Il melanoma è una neoplasia cutanea in costante crescita e, in assoluto, tra le più frequenti in Italia. Patologie che possono mettere a serio rischio la salute di milioni di persone e che richiedono maggiore attenzione, in termini di prevenzione. Per questo servirebbero campagne di screening di ampia scala, dedicate a tutti gli over '40. L'appello arriva dagli esperti, riuniti a Roma alla conferenza «Anche il sole ha le sue macchie», organizzata da Euromelanoma (progetto europeo di sensibilizzazione sui tumori della pelle, a cui partecipano oltre 30 Paesi).

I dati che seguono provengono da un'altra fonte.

-- ===== src/Sidecar/Ports.antt =====
-- Which port a change of the membership is sent to.
use raft_implementation.Prelude.{
  ℕ, ◌≡◌, ◌≢◌, ◌⊎◌, inl, inr, refl, not, ◌&&◌, arith, String, Option, none, some, List, [], ◌∷◌,
  ◌==◌, str_eq, ==_iff, if-elim,
}
use raft_implementation.Sidecar.Registry.{NodeDef, RaftStatus}
use raft_implementation.Sidecar.Docker.{Environment}
use raft_implementation.Sidecar.Cluster.{
  Live, leader_port, port_of, host_of, known_leader_port, any_port, choose_port, first_of, or_else,
  fetch_raft_status, ask_other, add_live, live_nodes, find_online_port_excluding,
}

-- A port of a registered node, other than the excluded one.
abbrev pub IsOther : ℕ → List NodeDef → ℕ → Type 0
IsOther exclude [] port = ⊥
IsOther exclude (n ∷ ns) port = ((n.http_port ≡ port) × (port ≢ exclude)) ⊎ IsOther exclude ns port

abbrev AllOther : ℕ → List NodeDef → Live → Type 0
AllOther exclude all [] = Unit
AllOther exclude all ((n, st) ∷ live) = IsOther exclude all n.http_port × AllOther exclude all live

abbrev Holds : (ℕ → Type 0) → Option ℕ → Type 0
Holds P none = Unit
Holds P (some port) = P port

Holds-first_of :
    (P : ℕ → Type 0) (o o' : Option ℕ) → Holds P o → Holds P o' → Holds P (first_of o o')
Holds-first_of P none o' h k = k
Holds-first_of P (some port) o' h k = h

Holds-or_else :
    (P : ℕ → Type 0) (o : Option ℕ) (port : ℕ)
    → Holds P o
    → (port ≡ 0) ⊎ P port
    → (or_else o port ≡ 0) ⊎ P (or_else o port)
Holds-or_else P none port h k = k
Holds-or_else P (some p) port h k = inr h

module _ (exclude : ℕ) (all : List NodeDef) where
  leader_port-IsOther :
      (live : Live) → AllOther exclude all live → Holds (IsOther exclude all) (leader_port live)
  unfolding leader_port
  leader_port-IsOther [] a = tt
  leader_port-IsOther ((n, st) ∷ live) a =
      if-elim (Holds (IsOther exclude all)) (str_eq st.state "leader") (some n.http_port)
        (leader_port live) (λ h. a.0) (λ h. leader_port-IsOther live a.1)

  any_port-IsOther :
      (live : Live)
      → AllOther exclude all live
      → (any_port live ≡ 0) ⊎ IsOther exclude all (any_port live)
  any_port-IsOther [] a = inl refl
  any_port-IsOther ((n, st) ∷ live) a = inr a.0

Holds-there :
    (exclude : ℕ) (n : NodeDef) (ns : List NodeDef) (o : Option ℕ)
    → Holds (IsOther exclude ns) o
    → Holds (IsOther exclude (n ∷ ns)) o
Holds-there exclude n ns none h = tt
Holds-there exclude n ns (some port) h = inr h

port_of-IsOther :
    (exclude : ℕ) (id : String) (ns : List NodeDef)
    → Holds (IsOther exclude ns) (port_of exclude id ns)
unfolding port_of
port_of-IsOther exclude id [] = tt
port_of-IsOther exclude id (n ∷ ns) =
    if-elim (Holds (IsOther exclude (n ∷ ns))) (str_eq n.id id && not (n.http_port == exclude))
      (some n.http_port) (port_of exclude id ns)
      (λ h. inl (refl, ground (arith, ==_iff n.http_port exclude)))
      (λ h. Holds-there exclude n ns _ (port_of-IsOther exclude id ns))

known_leader_port-IsOther :
    (exclude : ℕ) (all : List NodeDef) (live : Live)
    → Holds (IsOther exclude all) (known_leader_port exclude all live)
unfolding known_leader_port
known_leader_port-IsOther exclude all [] = tt
known_leader_port-IsOther exclude all ((n, st) ∷ live) =
    let P = Holds (IsOther exclude all) in
    let rest = known_leader_port-IsOther exclude all live in
    if-elim P (str_eq st.leader "") _ _ (λ h. rest)
      (λ h.
        Holds-first_of (IsOther exclude all) _ _ (port_of-IsOther exclude (host_of st.leader) all)
          rest)

choose_port-IsOther :
    (exclude : ℕ) (all : List NodeDef) (live : Live)
    → AllOther exclude all live
    → (choose_port exclude all live ≡ 0) ⊎ IsOther exclude all (choose_port exclude all live)
unfolding choose_port
choose_port-IsOther exclude all live a =
    let P = IsOther exclude all in
    Holds-or_else P _ (any_port live)
      (Holds-first_of P _ _ (leader_port-IsOther exclude all live a)
        (known_leader_port-IsOther exclude all live))
      (any_port-IsOther exclude all live a)

AllOther-there :
    (exclude : ℕ) (n : NodeDef) (ns : List NodeDef) (live : Live)
    → AllOther exclude ns live
    → AllOther exclude (n ∷ ns) live
AllOther-there exclude n ns [] h = tt
AllOther-there exclude n ns ((m, st) ∷ live) h = (inr h.0, AllOther-there exclude n ns live h.1)

abbrev Answered : Type 0 → Option RaftStatus → Type 0
Answered P none = Unit
Answered P (some st) = P

Answered-any : (P : Type 0) (o : Option RaftStatus) → P → Answered P o
Answered-any P none h = tt
Answered-any P (some st) h = h

module _ {W : Type 0} (env : Environment W) (exclude : ℕ) where
  ask_other-Answered :
      (n : NodeDef) (w : W) → Answered (n.http_port ≢ exclude) (ask_other env exclude n w).1
  unfolding ask_other
  ask_other-Answered n w =
      if-elim {A = W × Option RaftStatus} (λ x. Answered (n.http_port ≢ exclude) x.1)
        (n.http_port == exclude) (w, none) (fetch_raft_status env n.http_port w) (λ h. tt)
        (λ h. Answered-any (n.http_port ≢ exclude) _ (ground (arith, ==_iff n.http_port exclude)))

  add_live-AllOther :
      (n : NodeDef) (ns : List NodeDef) (st : Option RaftStatus) (x : W × Live)
      → Answered (n.http_port ≢ exclude) st
      → AllOther exclude ns x.1
      → AllOther exclude (n ∷ ns) (add_live env n st x).1
  add_live-AllOther n ns none (w, live) h k = AllOther-there exclude n ns live k
  add_live-AllOther n ns (some st) (w, live) h k =
      (inl (refl, h), AllOther-there exclude n ns live k)

  live_nodes-AllOther :
      (ns : List NodeDef) (w : W) → AllOther exclude ns (live_nodes env exclude ns w).1
  unfolding live_nodes
  live_nodes-AllOther [] w = tt
  live_nodes-AllOther (n ∷ ns) w =
      let (w', st) = ask_other env exclude n w in
      add_live-AllOther n ns st (live_nodes env exclude ns w') (ask_other-Answered n w)
        (live_nodes-AllOther ns w')

  -- The port that a change of the membership is sent to is 0, for none, or the port of a node in
  -- the registry that is not the excluded one, whatever the nodes answer.
  pub find_online_port_excluding-IsOther :
      (all : List NodeDef) (w : W)
      → let port = (find_online_port_excluding env exclude all w).1 in
        (port ≡ 0) ⊎ IsOther exclude all port
  unfolding find_online_port_excluding
  find_online_port_excluding-IsOther all w =
      choose_port-IsOther exclude all _ (live_nodes-AllOther all w)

Nei giorni scorsi sono stati presentati i risultati di uno screening cutaneo su 70 parlamentari italiani (promosso sempre da Euromelanoma nel 2012 e pubblicati ora sull'International Journal of Dermatology). Le evidenze emerse rivelano una presenza di carcinomi della pelle nel 14,5 per cento del campione esaminato. Un dato particolarmente rilevante è che ben il 6,5 per cento di queste neoplasie, sono risultate lesioni da cheratosi attinica, un tumore della pelle non-melanoma in fase precoce. Sotto i riflettori non c'è solo il pericolosissimo melanoma, ma anche i tumori non-melanoma della cute (cheratosi attinica, carcinoma basocellulare e squamocellulare), meno aggressivi e conosciuti, ma decisamente molto più diffusi, tra la popolazione generale. Secondo i dati dell'ultimo rapporto Aiom-Airtum, rappresentano oltre il 19 per cento di tutti i tipi di tumore in entrambi i sessi. Più di 70mila i nuovi casi in Italia, stimati per il 2014. In particolare le cheratosi attiniche, lesioni neoplastiche epiteliali cutanee che si sviluppano spontaneamente, come conseguenza di un'esposizione prolungata ai raggi ultravioletti (Uv), hanno un'incidenza in continuo aumento. Nel Paese colpiscono circa l'1,4 per cento della popolazione sopra i 45 anni (oltre 360mila persone) e il 3 per cento dopo i 74 anni (più di 180mila). Oggi le terapie innovative offrono risposte concrete. «Il valore aggiunto, come l'ingenolo mebutato non si limita a curare le lesioni attiniche ma agiscono in chiave di prevenzione», sottolinea Giovanni Pellacani, direttore della clinica dermatologica dell'università di di Modena e Reggio Emilia.